Activity: Show each line of the data below that has the string "Pipeline" in it.

Information supplied:
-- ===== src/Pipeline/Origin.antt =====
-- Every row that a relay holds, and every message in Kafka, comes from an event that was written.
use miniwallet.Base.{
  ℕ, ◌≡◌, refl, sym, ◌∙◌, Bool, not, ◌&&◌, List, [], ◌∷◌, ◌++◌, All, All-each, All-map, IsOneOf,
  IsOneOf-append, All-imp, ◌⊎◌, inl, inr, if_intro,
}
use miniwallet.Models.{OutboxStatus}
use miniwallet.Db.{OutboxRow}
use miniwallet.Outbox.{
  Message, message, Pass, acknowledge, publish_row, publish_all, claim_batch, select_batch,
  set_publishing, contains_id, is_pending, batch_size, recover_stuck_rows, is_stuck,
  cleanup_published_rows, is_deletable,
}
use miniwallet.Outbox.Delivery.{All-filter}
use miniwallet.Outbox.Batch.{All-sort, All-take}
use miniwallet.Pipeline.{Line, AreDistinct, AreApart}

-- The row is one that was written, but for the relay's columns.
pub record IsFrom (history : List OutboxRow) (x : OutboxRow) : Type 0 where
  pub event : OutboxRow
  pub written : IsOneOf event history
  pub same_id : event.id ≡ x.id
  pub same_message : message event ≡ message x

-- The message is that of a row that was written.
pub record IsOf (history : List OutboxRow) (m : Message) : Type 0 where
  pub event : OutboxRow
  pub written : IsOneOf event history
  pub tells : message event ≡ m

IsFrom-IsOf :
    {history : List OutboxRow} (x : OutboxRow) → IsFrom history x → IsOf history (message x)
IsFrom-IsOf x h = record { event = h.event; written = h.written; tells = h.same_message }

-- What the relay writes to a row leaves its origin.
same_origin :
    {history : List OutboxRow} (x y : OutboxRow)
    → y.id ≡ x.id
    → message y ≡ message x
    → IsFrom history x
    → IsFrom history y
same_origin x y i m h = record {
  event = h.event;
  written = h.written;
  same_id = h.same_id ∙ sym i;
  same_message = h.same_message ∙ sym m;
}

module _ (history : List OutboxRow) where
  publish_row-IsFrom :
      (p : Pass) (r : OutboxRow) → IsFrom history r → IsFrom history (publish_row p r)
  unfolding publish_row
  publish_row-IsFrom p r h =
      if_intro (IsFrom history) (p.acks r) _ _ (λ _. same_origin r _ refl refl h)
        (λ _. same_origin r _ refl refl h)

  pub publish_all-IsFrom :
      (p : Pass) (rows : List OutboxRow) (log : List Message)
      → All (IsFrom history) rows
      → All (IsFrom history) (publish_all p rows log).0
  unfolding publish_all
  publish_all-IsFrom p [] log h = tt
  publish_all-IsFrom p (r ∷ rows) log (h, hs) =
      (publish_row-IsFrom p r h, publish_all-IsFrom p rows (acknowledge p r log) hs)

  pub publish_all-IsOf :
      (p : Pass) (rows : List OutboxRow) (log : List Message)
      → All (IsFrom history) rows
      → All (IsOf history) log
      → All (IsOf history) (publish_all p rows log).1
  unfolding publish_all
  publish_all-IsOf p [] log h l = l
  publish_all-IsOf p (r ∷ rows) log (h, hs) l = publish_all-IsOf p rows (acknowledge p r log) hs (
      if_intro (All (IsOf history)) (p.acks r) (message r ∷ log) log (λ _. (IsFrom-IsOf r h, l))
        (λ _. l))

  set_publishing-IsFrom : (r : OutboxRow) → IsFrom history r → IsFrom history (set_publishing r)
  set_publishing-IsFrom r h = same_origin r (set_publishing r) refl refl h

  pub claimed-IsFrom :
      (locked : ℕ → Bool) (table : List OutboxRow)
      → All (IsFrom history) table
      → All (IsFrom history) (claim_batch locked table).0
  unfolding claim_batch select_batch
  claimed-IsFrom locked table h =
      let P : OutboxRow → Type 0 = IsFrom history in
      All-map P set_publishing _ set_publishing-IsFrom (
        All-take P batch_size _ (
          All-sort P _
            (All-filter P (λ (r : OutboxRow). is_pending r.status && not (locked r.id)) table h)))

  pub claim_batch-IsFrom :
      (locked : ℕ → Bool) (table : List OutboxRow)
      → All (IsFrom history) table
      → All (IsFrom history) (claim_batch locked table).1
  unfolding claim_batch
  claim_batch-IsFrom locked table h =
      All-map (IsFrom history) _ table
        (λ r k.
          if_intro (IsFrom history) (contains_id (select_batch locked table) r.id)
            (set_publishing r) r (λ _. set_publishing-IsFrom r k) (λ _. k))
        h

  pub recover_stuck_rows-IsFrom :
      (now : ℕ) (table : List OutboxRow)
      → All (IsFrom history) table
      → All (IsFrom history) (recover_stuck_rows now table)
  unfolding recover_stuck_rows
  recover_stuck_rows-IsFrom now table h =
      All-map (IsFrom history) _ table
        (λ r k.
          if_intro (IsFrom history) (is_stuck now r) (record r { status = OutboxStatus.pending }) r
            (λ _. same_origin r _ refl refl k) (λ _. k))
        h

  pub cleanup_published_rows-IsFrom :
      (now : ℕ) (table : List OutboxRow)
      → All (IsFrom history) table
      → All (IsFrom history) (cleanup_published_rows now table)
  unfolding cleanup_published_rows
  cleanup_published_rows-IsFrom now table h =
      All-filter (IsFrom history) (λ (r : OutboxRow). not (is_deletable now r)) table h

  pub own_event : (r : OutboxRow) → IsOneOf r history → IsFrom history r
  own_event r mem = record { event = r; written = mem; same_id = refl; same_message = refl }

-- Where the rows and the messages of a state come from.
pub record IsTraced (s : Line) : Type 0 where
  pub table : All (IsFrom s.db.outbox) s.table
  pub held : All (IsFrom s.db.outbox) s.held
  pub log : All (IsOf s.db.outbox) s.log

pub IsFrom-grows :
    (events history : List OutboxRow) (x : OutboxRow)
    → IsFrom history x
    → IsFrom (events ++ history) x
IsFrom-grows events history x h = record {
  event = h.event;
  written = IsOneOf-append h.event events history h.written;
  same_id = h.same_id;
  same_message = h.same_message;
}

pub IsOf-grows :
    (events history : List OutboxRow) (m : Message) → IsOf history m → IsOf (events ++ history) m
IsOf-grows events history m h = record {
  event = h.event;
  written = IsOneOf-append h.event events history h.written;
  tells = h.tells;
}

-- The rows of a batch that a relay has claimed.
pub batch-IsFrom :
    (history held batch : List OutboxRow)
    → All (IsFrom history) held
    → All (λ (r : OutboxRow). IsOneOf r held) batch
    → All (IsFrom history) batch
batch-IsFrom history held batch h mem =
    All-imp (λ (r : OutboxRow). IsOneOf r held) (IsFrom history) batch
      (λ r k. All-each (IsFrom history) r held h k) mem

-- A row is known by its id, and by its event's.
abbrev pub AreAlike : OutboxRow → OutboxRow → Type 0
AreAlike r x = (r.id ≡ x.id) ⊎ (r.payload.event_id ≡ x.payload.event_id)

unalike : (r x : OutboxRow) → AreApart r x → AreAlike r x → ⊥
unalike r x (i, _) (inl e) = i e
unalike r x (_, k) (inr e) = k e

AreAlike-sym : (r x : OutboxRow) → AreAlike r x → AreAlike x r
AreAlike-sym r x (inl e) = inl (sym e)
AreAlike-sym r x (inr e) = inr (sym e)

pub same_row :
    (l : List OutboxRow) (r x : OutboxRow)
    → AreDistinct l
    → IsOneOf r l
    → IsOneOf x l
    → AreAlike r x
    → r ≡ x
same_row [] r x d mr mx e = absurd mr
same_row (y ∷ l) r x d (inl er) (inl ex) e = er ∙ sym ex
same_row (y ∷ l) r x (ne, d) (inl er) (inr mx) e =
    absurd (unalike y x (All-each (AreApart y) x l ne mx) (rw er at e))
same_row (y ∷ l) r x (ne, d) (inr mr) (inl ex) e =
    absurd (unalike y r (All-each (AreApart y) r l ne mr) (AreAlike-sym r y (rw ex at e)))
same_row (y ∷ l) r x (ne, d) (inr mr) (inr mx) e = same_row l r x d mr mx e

Task result:
-- ===== src/Pipeline/Origin.antt =====
use miniwallet.Pipeline.{Line, AreDistinct, AreApart}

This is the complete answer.